Kata-katanya persis seperti yang Sophia butuhkan, persis seperti yang dia harapkan darinya. INeedAHotGF tulus dalam kesetiaannya, dan Sophia bisa melihat tekad di matanya. Dia akan membela Sophia, melindunginya, dan yang terpenting, mendukung keputusannya tanpa ragu.

Dia mengulurkan tangan dan meletakkan tangannya di atas tangan pria itu, yang masih berada di pipinya. “Kau tidak tahu betapa berartinya itu bagiku,” katanya, suaranya tercekat karena emosi. “Kau satu-satunya yang bisa kupercaya saat ini. Mengetahui kau bersamaku… itu membuat semua ini sedikit lebih mudah untuk kutanggung.”

Dia mengangguk, ekspresinya melembut menjadi senyum yang menenangkan. “Kita adalah sebuah tim. Kau dan aku, kita akan melewati ini bersama. Jangan biarkan siapa pun membuatmu ragu pada diri sendiri. Kau lebih kuat dari yang kau kira, dan kau tidak sendirian.”

Sophia tersenyum di tengah air matanya, hatinya dipenuhi kepuasan. Dia telah mendapatkan pria itu tepat di tempat yang diinginkannya, sepenuhnya berkomitmen dan siap berdiri di sisinya apa pun yang terjadi.

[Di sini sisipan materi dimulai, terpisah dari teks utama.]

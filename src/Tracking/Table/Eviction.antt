-- ===== src/Tracking/Table/Eviction.antt =====
-- What `evict_weakest` (perception/tracking/table.py) drops.
use mathlib.Core.Path.{subst}
use unityworks_vision_ai_bac.Prelude.{
  ℕ, suc, ◌≤◌, ◌<◌, ◌≡◌, ◌⊎◌, ap, refl, length, some, Bool, true, false, List, [], ◌∷◌, All, In,
  arith, inl, inr, if◌then◌else◌,
}
use unityworks_vision_ai_bac.Tracking.Lifecycle.{is_state, tentative}
use unityworks_vision_ai_bac.Tracking.Record.{TrackRecord}
use unityworks_vision_ai_bac.Tracking.Table.{
  TrackTable, same_id, find_record, pop_record, remove, evict_from, evict_weakest, weaker, weakest,
}
use unityworks_vision_ai_bac.Tracking.Table.Records.{Ascending, same_id_refl}
use unityworks_vision_ai_bac.Tracking.Table.Invariant.{IsValid}

later :
    (r x : TrackRecord)
    → suc r.track_id.local_id ≤ x.track_id.local_id
    → same_id r.track_id x.track_id ≡ false
later r x h = ground arith

-- The record `v` is evicted rather than `r`, or is `r`.
abbrev pub GoesBefore : (v r : TrackRecord) → Type 0
GoesBefore v r =
    ((is_state v.state tentative ≡ true) × (is_state r.state tentative ≡ false))
    ⊎ ((is_state v.state tentative ≡ is_state r.state tentative)
        × ((r.coast_frames < v.coast_frames)
            ⊎ ((r.coast_frames ≡ v.coast_frames)
                × ((v.association_confidence < r.association_confidence)
                    ⊎ ((v.association_confidence ≡ r.association_confidence)
                        × (v.track_id.local_id ≤ r.track_id.local_id))))))

not_weaker-GoesBefore : (v r : TrackRecord) → weaker r v ≡ false → GoesBefore v r
not_weaker-GoesBefore v r h = ground arith

first-GoesBefore :
    (v : TrackRecord) (rs : List TrackRecord)
    → All (λ r. weaker r v ≡ false) rs
    → All (GoesBefore v) rs
first-GoesBefore v [] h = tt
first-GoesBefore v (r ∷ rs) h = (not_weaker-GoesBefore v r h.0, first-GoesBefore v rs h.1)

-- `weaker` is a strict weak order: what is not weaker than `b`, which is not weaker than `c`, is not
-- weaker than `c`.
not_weaker_trans :
    (a b c : TrackRecord) → weaker a b ≡ false → weaker b c ≡ false → weaker a c ≡ false
not_weaker_trans a b c h k = ground arith

weaker_asym : (a b : TrackRecord) → weaker a b ≡ true → weaker b a ≡ false
weaker_asym a b h = ground arith

weaker_irrefl : (a : TrackRecord) → weaker a a ≡ false
weaker_irrefl a = ground arith

-- The weakest of a list is in it, and no record of the list is weaker.
In-weakest : (best : TrackRecord) (rs : List TrackRecord) → In (weakest best rs) (best ∷ rs)
unfolding weakest
In-weakest best [] = inl refl
In-weakest best (r ∷ rs) = go (weaker r best) (In-weakest r rs) (In-weakest best rs)
  where
    go :
        (b : Bool)
        → In (weakest r rs) (r ∷ rs)
        → In (weakest best rs) (best ∷ rs)
        → In (weakest (if b then r else best) rs) (best ∷ r ∷ rs)
    go true h k = inr h
    go false (h) (inl e) = inl e
    go false h (inr m) = inr (inr m)

weakest-not_weaker :
    (best : TrackRecord) (rs : List TrackRecord)
    → All (λ r. weaker r (weakest best rs) ≡ false) (best ∷ rs)
unfolding weakest
weakest-not_weaker best [] = (weaker_irrefl best, tt)
weakest-not_weaker best (r ∷ rs) =
    go (weaker r best) refl (weakest-not_weaker r rs) (weakest-not_weaker best rs)
  where
    go :
        (b : Bool)
        → weaker r best ≡ b
        → All (λ x. weaker x (weakest r rs) ≡ false) (r ∷ rs)
        → All (λ x. weaker x (weakest best rs) ≡ false) (best ∷ rs)
        → All (λ x. weaker x (weakest (if b then r else best) rs) ≡ false) (best ∷ r ∷ rs)
    go true e h k = (not_weaker_trans best r (weakest r rs) (weaker_asym r best e) h.0, h)
    go false e h k = (k.0, (not_weaker_trans r best (weakest best rs) e k.0, k.1))

above_of_In :
    (x : TrackRecord) (low : ℕ) (rs : List TrackRecord)
    → Ascending low rs
    → In x rs
    → low ≤ x.track_id.local_id
above_of_In x low [] a m = absurd m
above_of_In x low (r ∷ rs) a (inl e) = rw e a.0
above_of_In x low (r ∷ rs) a (inr m) =
    omega (arith, above_of_In x (suc r.track_id.local_id) rs a.1 m)

-- Where the ids rise, a record is found under its own id.
find_of_In :
    (x : TrackRecord) (low : ℕ) (rs : List TrackRecord)
    → Ascending low rs
    → In x rs
    → find_record x.track_id rs ≡ some x
find_of_In x low [] a m = absurd m
find_of_In x low (r ∷ rs) a (inl e) = rw (e, same_id_refl r.track_id)
find_of_In x low (r ∷ rs) a (inr m) =
    rw (later r x (above_of_In x (suc r.track_id.local_id) rs a.1 m))
      (find_of_In x (suc r.track_id.local_id) rs a.1 m)

-- An eviction from a valid table that holds a track drops a track of the table to which no other is
-- preferred: it is tentative and the other is not; or they are alike in that and it has coasted longer,
-- or as long with a lower confidence, or with the same one under an id that is not younger.
pub evict_weakest-least :
    (t : TrackTable)
    → IsValid t
    → 0 < length t.records
    → (victim : TrackRecord) × ((evict_weakest t).1 ≡ some victim)
      × In victim t.records
      × All (GoesBefore victim) t.records
      × ((evict_weakest t).0.records ≡ pop_record victim.track_id t.records)
unfolding evict_weakest
evict_weakest-least t v h = go t.records refl h
  where
    go :
        (rs : List TrackRecord)
        → t.records ≡ rs
        → 0 < length rs
        → (victim : TrackRecord) × ((evict_from t rs).1 ≡ some victim)
          × In victim rs
          × All (GoesBefore victim) rs
          × ((evict_from t rs).0.records ≡ pop_record victim.track_id rs)
    go [] e h = absurd (omega arith)
    go (r ∷ rs) e h =
        let w = weakest r rs in
        let a : Ascending 0 (r ∷ rs) = subst (λ l. Ascending 0 l) e v.ascending in
        let here : find_record w.track_id t.records ≡ some w =
          rw e (find_of_In w 0 (r ∷ rs) a (In-weakest r rs)) in
        (
          w,
          rw (here, remove),
          In-weakest r rs,
          first-GoesBefore w (r ∷ rs) (weakest-not_weaker r rs),
          rw (here, remove) (ap (pop_record w.track_id) e),
        )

Di dekat mereka, Liam dan Darren duduk berdampingan, punggung mereka bersandar pada dinding yang kokoh sambil menyesap ramuan mereka. Adegan antara Sophia dan INeedAHotGF tidak mungkin diabaikan, dan itu meninggalkan rasa pahit di mulut mereka. Darren meneguk ramuannya dalam-dalam, cairan itu terasa dingin di tenggorokannya, tetapi itu tidak menghilangkan rasa kesal yang dirasakannya.